++++ INPUT FOR THIS TASK ++++
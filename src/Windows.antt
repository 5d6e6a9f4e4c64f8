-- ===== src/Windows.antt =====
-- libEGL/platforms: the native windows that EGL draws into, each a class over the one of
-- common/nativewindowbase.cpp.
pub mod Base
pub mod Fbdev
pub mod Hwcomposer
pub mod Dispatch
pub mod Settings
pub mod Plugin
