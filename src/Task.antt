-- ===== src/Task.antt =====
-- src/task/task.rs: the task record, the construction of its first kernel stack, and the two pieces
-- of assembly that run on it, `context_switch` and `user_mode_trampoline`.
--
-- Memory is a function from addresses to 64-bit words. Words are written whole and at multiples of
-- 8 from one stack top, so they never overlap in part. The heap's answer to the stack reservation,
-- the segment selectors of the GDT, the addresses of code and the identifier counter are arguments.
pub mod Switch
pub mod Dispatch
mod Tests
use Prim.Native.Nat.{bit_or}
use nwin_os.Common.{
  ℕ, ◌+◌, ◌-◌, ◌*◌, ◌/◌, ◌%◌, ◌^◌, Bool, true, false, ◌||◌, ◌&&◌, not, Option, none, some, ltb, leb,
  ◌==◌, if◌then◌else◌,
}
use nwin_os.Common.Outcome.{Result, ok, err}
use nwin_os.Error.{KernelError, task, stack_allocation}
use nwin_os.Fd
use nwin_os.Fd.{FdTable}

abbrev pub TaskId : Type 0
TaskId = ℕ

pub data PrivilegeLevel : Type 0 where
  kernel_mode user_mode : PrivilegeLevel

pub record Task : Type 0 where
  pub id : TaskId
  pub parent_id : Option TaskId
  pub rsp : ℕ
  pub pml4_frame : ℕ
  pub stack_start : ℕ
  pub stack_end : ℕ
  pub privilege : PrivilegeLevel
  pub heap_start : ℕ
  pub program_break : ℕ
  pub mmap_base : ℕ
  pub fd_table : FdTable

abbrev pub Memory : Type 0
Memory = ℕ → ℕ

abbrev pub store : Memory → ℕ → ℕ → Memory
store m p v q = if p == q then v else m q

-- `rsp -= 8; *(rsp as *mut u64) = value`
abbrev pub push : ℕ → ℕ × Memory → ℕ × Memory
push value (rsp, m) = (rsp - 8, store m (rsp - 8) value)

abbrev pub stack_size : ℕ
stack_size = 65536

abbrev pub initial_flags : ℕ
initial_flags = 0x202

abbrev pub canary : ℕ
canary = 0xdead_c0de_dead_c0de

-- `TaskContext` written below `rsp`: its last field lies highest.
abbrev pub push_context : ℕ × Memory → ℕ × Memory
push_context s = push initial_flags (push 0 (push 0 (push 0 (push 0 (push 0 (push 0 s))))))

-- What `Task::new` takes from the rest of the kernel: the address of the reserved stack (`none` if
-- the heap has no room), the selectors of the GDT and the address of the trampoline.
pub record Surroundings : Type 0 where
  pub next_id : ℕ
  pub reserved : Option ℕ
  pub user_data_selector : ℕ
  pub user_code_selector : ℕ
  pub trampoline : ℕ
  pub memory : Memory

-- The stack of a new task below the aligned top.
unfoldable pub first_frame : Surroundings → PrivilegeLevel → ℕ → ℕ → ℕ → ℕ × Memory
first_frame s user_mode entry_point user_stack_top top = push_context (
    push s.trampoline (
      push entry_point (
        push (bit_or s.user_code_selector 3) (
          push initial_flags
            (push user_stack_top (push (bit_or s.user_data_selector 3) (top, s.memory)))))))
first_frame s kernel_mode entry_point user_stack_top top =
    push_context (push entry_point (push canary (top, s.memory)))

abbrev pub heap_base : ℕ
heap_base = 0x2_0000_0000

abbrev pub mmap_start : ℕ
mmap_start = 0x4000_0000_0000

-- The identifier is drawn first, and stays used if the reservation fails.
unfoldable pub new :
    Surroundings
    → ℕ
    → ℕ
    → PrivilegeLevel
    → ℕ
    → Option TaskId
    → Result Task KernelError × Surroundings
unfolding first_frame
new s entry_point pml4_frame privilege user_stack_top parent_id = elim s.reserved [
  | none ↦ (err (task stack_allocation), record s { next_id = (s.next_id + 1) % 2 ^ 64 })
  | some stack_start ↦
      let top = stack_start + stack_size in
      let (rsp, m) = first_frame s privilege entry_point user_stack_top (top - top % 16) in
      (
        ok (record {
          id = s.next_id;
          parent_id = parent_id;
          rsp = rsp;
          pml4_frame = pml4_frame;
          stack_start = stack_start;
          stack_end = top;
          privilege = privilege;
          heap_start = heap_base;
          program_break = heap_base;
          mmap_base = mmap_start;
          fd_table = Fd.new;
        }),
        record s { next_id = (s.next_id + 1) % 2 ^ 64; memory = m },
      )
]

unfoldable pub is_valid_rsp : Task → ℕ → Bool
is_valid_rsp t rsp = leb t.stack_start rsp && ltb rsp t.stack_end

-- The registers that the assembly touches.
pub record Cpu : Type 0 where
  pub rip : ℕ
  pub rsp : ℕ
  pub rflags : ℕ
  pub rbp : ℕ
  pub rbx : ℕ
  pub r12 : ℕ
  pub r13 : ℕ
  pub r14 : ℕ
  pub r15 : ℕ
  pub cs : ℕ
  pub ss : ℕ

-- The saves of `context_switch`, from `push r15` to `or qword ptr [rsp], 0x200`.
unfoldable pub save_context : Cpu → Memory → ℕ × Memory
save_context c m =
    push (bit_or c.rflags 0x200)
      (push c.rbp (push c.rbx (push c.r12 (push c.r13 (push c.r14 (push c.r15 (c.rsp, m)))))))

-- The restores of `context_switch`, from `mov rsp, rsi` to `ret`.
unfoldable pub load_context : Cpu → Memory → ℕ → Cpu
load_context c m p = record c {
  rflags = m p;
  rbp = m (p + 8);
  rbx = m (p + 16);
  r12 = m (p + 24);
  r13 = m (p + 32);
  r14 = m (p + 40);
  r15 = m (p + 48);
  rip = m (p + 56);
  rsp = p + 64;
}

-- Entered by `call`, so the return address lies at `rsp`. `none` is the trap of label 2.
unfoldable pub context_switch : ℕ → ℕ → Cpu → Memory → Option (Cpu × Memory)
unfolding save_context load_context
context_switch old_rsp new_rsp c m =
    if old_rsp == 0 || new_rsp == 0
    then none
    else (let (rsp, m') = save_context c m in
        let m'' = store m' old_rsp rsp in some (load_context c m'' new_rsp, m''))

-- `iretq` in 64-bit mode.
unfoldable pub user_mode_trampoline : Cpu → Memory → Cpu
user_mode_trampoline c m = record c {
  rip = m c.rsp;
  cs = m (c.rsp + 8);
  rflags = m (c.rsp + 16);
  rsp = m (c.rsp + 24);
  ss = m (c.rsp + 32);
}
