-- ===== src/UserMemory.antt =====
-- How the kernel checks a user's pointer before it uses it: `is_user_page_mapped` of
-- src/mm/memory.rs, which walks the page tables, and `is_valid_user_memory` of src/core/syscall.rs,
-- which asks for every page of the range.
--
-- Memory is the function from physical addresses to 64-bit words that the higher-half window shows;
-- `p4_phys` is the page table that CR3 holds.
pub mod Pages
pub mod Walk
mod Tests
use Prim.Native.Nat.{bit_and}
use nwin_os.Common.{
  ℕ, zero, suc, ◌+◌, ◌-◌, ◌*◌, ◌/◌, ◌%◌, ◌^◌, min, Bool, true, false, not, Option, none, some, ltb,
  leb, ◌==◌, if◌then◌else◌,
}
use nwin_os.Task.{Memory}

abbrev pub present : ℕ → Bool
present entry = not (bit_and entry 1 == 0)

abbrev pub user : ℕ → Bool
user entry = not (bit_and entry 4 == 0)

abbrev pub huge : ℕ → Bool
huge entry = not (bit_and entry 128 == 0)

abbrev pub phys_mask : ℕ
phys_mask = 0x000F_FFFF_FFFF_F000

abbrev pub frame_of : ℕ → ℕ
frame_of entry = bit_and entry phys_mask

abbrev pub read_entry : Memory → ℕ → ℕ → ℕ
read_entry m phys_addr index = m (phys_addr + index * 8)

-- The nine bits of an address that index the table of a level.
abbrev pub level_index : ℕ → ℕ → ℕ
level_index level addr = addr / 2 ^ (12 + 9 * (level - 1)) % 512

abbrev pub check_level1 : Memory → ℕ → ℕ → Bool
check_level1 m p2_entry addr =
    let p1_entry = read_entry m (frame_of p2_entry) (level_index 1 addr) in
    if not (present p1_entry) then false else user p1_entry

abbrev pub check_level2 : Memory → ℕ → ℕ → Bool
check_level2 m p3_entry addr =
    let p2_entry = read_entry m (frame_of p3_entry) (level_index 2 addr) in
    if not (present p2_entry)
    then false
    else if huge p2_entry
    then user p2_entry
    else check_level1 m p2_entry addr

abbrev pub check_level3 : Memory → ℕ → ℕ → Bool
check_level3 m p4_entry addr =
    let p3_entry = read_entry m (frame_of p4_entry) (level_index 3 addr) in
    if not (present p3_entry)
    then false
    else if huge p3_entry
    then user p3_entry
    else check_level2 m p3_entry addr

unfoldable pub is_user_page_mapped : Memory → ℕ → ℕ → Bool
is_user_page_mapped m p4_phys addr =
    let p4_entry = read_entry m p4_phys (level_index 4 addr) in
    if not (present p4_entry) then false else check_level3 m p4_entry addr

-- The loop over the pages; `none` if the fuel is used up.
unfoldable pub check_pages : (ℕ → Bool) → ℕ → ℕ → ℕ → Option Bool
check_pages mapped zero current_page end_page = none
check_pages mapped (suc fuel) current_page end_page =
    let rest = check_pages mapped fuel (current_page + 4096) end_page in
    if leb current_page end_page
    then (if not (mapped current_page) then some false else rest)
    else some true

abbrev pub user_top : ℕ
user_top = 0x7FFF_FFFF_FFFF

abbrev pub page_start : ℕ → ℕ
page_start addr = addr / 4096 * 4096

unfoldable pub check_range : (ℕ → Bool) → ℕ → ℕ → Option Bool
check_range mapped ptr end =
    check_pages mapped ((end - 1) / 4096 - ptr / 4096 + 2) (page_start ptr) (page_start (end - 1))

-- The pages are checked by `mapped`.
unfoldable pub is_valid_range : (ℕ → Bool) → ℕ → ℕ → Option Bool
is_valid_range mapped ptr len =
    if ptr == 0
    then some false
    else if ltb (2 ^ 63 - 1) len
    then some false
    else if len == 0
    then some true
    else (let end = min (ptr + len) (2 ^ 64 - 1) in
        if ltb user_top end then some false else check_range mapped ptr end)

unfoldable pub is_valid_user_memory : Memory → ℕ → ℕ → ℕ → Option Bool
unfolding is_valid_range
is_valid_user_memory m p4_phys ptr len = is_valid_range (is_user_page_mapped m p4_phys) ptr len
++++
++++ INPUT FOR THIS TASK ++++
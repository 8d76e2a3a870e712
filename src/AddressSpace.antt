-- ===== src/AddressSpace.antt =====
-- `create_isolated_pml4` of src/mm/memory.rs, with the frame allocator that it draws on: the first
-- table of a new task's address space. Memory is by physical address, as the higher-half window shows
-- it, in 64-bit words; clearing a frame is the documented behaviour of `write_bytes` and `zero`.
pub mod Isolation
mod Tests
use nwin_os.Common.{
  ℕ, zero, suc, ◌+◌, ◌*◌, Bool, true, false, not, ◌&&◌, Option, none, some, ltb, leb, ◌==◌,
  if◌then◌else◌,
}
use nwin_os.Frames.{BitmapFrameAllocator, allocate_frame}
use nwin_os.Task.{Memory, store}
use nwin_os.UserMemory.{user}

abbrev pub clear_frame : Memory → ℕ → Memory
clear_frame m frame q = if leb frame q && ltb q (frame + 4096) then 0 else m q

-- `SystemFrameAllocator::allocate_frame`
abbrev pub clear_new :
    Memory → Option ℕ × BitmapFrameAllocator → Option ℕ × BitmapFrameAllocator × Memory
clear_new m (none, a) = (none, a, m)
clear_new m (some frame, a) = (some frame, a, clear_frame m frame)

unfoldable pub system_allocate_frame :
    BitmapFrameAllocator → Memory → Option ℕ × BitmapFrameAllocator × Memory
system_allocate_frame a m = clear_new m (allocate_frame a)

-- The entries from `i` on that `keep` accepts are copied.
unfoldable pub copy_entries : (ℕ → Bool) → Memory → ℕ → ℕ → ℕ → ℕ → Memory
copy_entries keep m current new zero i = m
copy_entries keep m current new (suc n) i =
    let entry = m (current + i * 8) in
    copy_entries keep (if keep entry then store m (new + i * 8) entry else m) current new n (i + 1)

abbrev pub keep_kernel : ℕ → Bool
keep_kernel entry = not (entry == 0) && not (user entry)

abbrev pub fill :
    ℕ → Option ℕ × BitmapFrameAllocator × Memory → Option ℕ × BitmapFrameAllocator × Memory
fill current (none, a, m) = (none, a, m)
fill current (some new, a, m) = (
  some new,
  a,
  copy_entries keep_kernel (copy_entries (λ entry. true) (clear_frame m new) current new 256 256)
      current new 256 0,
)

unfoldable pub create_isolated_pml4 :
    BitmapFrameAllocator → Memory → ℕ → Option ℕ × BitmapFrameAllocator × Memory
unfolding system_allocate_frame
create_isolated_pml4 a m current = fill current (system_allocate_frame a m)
++++
++++ INPUT FOR THIS TASK ++++
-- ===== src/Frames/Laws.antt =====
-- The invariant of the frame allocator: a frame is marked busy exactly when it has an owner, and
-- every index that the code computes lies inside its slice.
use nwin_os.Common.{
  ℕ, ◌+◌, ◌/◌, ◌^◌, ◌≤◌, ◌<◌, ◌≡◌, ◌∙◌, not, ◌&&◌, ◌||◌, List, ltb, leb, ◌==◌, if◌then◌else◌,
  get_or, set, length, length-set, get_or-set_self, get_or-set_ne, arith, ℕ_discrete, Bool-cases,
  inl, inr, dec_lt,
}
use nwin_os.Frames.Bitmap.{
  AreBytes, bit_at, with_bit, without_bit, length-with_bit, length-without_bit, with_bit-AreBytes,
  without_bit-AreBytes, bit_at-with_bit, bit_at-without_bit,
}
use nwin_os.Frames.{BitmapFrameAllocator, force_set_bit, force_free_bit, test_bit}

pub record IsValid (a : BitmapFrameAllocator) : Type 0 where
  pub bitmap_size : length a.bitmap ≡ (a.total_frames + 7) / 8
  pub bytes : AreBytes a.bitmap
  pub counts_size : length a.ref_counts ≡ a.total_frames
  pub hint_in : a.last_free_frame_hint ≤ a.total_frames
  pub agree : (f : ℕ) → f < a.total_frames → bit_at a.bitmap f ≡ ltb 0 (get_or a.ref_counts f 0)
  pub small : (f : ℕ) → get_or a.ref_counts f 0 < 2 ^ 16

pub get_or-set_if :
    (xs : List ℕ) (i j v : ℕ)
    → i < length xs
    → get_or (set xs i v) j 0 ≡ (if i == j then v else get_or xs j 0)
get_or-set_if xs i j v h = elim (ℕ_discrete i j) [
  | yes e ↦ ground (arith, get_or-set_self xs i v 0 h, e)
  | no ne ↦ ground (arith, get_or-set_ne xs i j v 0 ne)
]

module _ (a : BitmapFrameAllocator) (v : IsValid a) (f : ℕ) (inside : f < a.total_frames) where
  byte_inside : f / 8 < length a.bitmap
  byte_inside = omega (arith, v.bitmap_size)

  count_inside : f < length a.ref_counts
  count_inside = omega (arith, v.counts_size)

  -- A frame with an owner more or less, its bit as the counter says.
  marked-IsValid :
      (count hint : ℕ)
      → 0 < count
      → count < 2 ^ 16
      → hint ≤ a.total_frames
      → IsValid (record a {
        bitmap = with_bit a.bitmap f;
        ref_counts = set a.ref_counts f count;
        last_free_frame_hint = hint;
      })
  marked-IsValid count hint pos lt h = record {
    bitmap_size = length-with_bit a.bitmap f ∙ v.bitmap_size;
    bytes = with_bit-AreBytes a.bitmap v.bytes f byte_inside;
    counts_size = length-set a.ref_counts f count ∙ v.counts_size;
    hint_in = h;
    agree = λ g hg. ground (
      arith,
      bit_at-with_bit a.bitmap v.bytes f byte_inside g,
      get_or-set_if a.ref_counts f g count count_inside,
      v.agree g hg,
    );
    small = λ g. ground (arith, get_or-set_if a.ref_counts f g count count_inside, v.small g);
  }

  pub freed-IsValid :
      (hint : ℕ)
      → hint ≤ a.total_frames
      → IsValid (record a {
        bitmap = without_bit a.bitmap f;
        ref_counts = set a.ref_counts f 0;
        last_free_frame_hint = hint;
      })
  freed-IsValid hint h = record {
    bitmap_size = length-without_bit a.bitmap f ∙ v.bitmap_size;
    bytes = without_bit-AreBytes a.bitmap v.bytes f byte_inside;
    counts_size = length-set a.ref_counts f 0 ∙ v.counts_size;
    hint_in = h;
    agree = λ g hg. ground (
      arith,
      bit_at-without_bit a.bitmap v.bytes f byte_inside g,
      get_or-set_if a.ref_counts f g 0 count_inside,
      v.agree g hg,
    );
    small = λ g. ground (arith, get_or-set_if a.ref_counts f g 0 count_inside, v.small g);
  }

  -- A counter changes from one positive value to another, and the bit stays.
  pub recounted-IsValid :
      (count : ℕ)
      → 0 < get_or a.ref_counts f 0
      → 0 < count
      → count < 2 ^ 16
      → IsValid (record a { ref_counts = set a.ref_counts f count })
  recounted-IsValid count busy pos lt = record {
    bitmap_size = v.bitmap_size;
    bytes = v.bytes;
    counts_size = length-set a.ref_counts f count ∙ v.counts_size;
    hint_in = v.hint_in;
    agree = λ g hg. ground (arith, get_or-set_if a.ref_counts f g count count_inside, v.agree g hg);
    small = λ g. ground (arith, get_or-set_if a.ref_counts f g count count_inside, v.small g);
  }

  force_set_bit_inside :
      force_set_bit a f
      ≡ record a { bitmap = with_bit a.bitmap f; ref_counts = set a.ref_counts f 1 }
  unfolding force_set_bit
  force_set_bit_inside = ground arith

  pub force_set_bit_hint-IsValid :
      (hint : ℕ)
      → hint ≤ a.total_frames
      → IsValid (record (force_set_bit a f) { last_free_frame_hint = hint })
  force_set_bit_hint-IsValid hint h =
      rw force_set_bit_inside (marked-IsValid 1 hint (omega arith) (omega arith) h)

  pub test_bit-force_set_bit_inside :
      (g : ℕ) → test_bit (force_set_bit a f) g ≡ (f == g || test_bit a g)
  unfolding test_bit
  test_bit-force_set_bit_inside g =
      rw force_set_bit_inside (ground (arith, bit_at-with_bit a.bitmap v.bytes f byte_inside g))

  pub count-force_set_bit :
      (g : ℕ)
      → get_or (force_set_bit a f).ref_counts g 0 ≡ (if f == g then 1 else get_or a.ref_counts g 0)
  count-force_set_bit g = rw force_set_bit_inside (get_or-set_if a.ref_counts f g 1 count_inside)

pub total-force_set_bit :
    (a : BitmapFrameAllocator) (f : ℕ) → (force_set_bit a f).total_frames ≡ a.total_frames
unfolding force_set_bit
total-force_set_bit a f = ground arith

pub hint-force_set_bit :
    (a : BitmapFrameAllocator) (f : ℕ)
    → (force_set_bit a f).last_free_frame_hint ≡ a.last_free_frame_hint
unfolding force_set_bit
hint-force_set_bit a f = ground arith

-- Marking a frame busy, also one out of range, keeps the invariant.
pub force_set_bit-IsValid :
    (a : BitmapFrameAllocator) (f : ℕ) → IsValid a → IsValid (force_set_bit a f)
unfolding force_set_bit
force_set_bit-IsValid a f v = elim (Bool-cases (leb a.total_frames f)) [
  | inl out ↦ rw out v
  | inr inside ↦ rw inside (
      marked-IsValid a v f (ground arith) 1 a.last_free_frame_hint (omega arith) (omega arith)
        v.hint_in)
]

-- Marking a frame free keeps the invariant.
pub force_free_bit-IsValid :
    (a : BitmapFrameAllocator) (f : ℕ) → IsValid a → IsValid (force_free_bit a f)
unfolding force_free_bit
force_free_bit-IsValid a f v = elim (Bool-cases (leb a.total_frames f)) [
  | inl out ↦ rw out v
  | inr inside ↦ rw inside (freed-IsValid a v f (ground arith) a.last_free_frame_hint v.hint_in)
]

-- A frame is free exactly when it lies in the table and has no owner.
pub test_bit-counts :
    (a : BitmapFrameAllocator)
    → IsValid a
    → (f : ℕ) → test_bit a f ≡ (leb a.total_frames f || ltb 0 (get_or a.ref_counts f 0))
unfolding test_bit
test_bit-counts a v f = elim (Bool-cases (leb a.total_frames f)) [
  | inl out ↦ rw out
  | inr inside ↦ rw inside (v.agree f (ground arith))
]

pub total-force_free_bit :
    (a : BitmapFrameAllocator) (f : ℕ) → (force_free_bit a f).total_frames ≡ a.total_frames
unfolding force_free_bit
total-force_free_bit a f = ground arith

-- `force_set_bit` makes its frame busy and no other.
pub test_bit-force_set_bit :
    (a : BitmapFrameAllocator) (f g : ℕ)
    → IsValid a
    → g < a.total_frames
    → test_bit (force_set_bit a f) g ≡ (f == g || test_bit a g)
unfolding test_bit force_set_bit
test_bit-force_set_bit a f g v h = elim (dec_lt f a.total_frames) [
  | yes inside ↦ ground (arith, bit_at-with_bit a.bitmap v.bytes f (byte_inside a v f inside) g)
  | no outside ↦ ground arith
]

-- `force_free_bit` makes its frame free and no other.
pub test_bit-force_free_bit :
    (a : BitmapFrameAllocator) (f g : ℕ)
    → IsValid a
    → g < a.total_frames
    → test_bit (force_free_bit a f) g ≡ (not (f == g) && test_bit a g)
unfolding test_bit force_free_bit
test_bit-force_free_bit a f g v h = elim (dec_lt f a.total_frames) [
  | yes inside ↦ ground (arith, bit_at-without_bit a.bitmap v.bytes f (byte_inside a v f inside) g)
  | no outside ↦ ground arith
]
++++
Please show the lines in the entries above that hold the string "omega".

**RESPONSE**
  byte_inside = omega (arith, v.bitmap_size)
  count_inside = omega (arith, v.counts_size)
      rw force_set_bit_inside (marked-IsValid 1 hint (omega arith) (omega arith) h)
      marked-IsValid a v f (ground arith) 1 a.last_free_frame_hint (omega arith) (omega arith)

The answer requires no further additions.